(Dataset entries)
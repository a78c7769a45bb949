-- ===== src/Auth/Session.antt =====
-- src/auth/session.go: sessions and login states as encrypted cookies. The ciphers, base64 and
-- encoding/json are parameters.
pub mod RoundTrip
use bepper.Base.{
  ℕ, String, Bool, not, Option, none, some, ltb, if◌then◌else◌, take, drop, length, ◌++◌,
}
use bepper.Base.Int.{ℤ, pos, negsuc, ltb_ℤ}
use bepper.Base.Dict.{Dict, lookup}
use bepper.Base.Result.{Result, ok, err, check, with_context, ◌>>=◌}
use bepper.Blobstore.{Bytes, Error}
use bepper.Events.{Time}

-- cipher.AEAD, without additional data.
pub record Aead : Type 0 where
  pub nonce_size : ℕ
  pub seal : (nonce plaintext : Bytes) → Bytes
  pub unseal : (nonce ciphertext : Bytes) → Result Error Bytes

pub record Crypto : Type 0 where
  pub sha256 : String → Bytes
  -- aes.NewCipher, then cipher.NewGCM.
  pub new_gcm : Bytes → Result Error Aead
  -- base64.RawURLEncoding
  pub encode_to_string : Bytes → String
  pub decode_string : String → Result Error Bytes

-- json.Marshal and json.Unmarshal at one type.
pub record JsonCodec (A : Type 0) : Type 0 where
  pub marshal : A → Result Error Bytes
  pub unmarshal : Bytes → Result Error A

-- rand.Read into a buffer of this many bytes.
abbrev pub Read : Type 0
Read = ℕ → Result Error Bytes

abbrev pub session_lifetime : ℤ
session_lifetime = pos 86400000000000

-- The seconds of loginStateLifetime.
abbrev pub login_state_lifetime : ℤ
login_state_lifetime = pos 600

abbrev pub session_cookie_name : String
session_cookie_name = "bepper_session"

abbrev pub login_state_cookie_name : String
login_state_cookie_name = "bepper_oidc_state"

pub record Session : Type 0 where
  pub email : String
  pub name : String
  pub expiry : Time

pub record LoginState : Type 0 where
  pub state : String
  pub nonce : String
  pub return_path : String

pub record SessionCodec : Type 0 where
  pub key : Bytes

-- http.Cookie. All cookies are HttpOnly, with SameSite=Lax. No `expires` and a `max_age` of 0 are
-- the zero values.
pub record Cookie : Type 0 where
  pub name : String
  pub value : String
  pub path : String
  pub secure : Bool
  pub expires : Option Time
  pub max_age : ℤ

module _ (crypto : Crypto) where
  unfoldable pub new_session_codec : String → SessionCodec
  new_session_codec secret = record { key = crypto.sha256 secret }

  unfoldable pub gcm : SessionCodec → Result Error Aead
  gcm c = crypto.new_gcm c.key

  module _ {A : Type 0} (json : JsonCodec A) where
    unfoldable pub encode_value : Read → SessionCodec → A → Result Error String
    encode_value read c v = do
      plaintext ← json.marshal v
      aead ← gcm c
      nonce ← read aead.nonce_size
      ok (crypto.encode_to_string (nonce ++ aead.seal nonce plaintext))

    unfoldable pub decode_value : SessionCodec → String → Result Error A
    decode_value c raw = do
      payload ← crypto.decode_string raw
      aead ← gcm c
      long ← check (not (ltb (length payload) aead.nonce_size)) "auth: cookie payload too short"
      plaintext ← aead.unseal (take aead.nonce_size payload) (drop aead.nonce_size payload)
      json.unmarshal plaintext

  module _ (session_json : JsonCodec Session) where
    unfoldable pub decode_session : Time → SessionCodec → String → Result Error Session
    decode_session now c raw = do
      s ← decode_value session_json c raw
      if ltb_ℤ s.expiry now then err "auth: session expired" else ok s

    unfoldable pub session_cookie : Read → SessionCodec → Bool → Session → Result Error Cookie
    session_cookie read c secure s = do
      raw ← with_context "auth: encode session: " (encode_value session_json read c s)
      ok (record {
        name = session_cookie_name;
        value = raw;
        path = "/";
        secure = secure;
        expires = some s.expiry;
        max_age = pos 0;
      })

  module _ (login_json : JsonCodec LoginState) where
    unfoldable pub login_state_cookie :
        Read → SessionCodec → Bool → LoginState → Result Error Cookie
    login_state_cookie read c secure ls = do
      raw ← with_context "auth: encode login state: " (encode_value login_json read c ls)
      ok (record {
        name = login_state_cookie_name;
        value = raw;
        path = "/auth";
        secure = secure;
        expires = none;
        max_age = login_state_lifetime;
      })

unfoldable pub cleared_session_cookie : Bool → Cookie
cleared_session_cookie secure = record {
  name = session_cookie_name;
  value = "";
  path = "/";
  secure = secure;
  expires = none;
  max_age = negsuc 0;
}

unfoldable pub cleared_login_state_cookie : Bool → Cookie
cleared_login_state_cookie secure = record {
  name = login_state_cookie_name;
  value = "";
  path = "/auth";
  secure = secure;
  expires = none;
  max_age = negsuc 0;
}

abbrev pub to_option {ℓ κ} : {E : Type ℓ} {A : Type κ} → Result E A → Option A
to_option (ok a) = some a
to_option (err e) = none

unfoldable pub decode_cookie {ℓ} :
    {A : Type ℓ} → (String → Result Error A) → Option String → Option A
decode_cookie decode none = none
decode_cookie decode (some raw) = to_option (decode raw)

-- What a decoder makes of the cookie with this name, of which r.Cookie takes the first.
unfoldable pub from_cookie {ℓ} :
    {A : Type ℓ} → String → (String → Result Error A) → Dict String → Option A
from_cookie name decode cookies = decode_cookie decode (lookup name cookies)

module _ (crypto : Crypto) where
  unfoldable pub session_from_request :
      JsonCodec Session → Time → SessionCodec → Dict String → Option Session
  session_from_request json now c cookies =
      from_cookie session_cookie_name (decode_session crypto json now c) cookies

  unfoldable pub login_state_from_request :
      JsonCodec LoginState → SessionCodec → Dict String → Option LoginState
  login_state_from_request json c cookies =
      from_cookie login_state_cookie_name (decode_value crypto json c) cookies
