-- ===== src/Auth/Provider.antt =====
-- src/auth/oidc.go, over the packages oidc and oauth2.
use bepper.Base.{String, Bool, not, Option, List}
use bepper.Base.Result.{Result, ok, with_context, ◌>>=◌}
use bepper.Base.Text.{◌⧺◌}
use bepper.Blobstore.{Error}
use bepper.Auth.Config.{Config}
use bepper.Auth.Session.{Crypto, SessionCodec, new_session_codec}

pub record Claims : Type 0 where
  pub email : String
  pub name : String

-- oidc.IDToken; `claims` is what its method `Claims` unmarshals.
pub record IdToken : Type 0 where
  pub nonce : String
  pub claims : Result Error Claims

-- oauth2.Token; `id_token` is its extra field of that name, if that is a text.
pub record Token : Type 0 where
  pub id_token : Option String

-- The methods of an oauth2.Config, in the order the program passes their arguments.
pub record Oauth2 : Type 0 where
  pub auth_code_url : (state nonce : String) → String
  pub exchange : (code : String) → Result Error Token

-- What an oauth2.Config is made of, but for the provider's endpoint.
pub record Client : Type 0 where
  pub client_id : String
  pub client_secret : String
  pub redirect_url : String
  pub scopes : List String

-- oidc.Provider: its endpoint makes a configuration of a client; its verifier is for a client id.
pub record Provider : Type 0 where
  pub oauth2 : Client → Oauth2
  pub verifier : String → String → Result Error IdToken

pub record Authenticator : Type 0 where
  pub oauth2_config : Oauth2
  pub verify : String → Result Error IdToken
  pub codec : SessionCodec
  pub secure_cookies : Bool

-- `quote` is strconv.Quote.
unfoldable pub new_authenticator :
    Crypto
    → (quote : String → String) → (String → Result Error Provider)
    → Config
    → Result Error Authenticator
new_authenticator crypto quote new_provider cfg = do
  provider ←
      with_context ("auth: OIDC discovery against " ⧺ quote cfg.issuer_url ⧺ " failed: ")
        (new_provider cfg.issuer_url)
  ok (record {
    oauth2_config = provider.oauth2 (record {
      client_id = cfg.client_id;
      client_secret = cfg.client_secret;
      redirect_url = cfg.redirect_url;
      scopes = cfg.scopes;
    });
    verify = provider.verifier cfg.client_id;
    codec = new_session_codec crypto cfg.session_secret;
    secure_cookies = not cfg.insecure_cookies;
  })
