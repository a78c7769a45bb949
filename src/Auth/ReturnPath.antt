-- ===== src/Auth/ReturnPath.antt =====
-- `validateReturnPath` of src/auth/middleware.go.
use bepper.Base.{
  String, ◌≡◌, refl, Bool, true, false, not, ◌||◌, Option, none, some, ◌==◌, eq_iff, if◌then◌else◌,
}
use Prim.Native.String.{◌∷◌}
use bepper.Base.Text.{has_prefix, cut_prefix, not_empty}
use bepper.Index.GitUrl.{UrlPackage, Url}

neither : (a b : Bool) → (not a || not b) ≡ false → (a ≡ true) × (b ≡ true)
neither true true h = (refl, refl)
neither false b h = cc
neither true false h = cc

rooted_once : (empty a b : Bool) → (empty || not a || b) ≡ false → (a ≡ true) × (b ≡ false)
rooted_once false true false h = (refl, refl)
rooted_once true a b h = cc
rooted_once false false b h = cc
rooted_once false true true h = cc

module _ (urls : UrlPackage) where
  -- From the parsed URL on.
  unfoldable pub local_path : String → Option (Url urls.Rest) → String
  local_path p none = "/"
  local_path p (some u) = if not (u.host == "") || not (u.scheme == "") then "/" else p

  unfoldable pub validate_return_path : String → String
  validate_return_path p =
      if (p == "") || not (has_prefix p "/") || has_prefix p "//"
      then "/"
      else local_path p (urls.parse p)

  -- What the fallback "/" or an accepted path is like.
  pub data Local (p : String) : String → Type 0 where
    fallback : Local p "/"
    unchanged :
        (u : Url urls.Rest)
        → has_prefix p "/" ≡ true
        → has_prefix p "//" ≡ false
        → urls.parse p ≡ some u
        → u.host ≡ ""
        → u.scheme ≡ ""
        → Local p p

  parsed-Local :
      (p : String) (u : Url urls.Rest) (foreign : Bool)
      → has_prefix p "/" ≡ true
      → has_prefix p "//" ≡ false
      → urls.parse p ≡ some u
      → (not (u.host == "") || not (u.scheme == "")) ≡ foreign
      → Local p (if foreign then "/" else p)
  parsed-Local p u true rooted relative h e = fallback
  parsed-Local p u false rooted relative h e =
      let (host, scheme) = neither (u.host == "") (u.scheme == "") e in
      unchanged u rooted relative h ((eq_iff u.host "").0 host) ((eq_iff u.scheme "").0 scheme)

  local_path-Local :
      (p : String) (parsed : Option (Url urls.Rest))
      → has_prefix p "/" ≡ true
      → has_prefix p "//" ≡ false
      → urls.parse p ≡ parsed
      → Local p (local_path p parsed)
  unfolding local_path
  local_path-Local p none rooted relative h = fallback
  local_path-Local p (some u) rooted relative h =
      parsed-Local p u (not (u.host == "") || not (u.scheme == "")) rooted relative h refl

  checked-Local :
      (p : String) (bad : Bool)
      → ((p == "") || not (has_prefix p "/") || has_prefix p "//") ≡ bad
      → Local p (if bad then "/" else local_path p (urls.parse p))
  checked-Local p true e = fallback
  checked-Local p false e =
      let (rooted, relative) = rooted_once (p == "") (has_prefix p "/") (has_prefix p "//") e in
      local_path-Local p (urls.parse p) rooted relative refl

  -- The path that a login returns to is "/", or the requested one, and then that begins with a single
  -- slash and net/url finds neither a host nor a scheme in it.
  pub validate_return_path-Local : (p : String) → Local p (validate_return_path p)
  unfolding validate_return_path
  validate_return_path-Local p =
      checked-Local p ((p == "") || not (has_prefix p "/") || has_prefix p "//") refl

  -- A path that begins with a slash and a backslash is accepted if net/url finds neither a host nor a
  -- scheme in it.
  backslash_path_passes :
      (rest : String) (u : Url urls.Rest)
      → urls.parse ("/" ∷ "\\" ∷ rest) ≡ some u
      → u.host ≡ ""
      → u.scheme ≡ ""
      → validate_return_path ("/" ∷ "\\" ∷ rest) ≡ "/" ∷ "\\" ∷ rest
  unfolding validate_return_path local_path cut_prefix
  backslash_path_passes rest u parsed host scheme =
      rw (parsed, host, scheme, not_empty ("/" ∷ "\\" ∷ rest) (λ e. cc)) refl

> [TASK REQUIREMENTS] Word for word, restate the lines above from the line containing "pub decode_string : String" through the line containing "pub unmarshal : Bytes → Result Error A", with both included and nothing else.

> [THE ANSWER]
  pub decode_string : String → Result Error Bytes

-- json.Marshal and json.Unmarshal at one type.
pub record JsonCodec (A : Type 0) : Type 0 where
  pub marshal : A → Result Error Bytes
  pub unmarshal : Bytes → Result Error A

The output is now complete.